**** Supplied material ****

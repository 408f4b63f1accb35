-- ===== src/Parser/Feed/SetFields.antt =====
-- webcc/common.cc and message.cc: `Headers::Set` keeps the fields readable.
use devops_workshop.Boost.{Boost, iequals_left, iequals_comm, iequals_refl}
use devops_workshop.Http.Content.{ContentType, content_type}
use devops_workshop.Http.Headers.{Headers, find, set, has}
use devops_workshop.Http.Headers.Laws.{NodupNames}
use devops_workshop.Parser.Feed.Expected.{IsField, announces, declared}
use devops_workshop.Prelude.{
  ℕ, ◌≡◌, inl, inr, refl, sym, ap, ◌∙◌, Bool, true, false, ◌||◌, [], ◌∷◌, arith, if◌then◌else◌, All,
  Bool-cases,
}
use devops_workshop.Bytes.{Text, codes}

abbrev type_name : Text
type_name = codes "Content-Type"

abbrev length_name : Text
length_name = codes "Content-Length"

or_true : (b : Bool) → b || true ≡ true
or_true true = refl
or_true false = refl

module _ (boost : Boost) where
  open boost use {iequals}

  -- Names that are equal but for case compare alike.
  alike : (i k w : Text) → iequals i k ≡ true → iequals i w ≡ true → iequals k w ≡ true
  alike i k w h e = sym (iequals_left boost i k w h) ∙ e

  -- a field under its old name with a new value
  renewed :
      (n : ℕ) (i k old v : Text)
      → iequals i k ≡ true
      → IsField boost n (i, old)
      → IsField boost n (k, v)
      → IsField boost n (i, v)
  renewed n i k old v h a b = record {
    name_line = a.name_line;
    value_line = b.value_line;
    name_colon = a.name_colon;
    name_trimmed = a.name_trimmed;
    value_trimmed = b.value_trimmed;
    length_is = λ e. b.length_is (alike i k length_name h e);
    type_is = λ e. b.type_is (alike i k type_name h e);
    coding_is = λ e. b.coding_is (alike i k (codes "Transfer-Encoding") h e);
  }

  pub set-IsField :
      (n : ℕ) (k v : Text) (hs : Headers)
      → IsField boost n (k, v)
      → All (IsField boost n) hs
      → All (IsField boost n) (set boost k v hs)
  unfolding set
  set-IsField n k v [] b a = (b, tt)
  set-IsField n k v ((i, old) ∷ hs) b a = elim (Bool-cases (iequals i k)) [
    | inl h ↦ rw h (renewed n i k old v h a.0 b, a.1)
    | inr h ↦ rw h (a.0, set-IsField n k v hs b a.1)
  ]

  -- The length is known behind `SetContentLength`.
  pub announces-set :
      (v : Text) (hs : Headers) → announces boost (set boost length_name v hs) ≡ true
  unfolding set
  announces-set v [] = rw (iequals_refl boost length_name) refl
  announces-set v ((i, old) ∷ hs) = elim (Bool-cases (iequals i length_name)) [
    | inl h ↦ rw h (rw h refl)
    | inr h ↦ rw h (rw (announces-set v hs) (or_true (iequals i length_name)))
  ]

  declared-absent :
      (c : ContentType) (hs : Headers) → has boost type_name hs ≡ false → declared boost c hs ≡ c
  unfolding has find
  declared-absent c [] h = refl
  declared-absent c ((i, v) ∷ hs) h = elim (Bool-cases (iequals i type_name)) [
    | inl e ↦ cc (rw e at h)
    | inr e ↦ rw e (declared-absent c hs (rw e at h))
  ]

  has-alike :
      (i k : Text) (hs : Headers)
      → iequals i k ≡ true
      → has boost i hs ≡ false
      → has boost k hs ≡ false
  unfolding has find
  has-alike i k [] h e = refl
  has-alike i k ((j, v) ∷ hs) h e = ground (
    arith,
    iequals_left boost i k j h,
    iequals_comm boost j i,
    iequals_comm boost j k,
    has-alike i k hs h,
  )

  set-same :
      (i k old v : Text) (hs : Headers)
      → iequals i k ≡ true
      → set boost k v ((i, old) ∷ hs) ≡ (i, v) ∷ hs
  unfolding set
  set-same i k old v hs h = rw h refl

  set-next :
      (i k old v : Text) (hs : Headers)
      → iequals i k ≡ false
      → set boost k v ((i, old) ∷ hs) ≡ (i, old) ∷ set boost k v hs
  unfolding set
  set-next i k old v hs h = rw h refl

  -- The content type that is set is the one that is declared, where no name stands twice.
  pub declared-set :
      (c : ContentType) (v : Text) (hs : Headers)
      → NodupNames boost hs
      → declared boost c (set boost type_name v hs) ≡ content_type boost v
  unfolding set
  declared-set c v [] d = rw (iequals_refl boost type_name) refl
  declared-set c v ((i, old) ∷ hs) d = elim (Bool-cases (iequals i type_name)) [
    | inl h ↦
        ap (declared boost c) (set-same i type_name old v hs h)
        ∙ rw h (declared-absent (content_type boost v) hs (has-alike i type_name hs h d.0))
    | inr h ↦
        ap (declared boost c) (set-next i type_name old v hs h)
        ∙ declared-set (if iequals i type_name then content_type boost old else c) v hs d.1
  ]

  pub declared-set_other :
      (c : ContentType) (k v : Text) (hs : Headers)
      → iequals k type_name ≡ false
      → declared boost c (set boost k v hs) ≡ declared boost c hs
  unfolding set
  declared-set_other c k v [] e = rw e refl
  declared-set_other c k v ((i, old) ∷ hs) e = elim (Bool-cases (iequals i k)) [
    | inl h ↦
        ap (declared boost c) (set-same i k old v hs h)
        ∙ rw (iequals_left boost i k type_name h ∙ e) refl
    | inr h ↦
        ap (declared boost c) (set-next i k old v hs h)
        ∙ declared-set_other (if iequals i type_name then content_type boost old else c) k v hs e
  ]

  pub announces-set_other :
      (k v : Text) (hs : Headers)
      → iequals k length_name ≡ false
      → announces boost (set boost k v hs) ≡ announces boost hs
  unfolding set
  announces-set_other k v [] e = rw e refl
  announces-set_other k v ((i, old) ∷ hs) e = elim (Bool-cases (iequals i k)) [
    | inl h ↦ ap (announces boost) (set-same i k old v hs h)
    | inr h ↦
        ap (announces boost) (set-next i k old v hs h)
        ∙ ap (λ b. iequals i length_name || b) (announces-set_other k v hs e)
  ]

****

Throughout the records, the word "then" shows up on certain lines. Report how many lines, with only the number.

# Solved exercise
3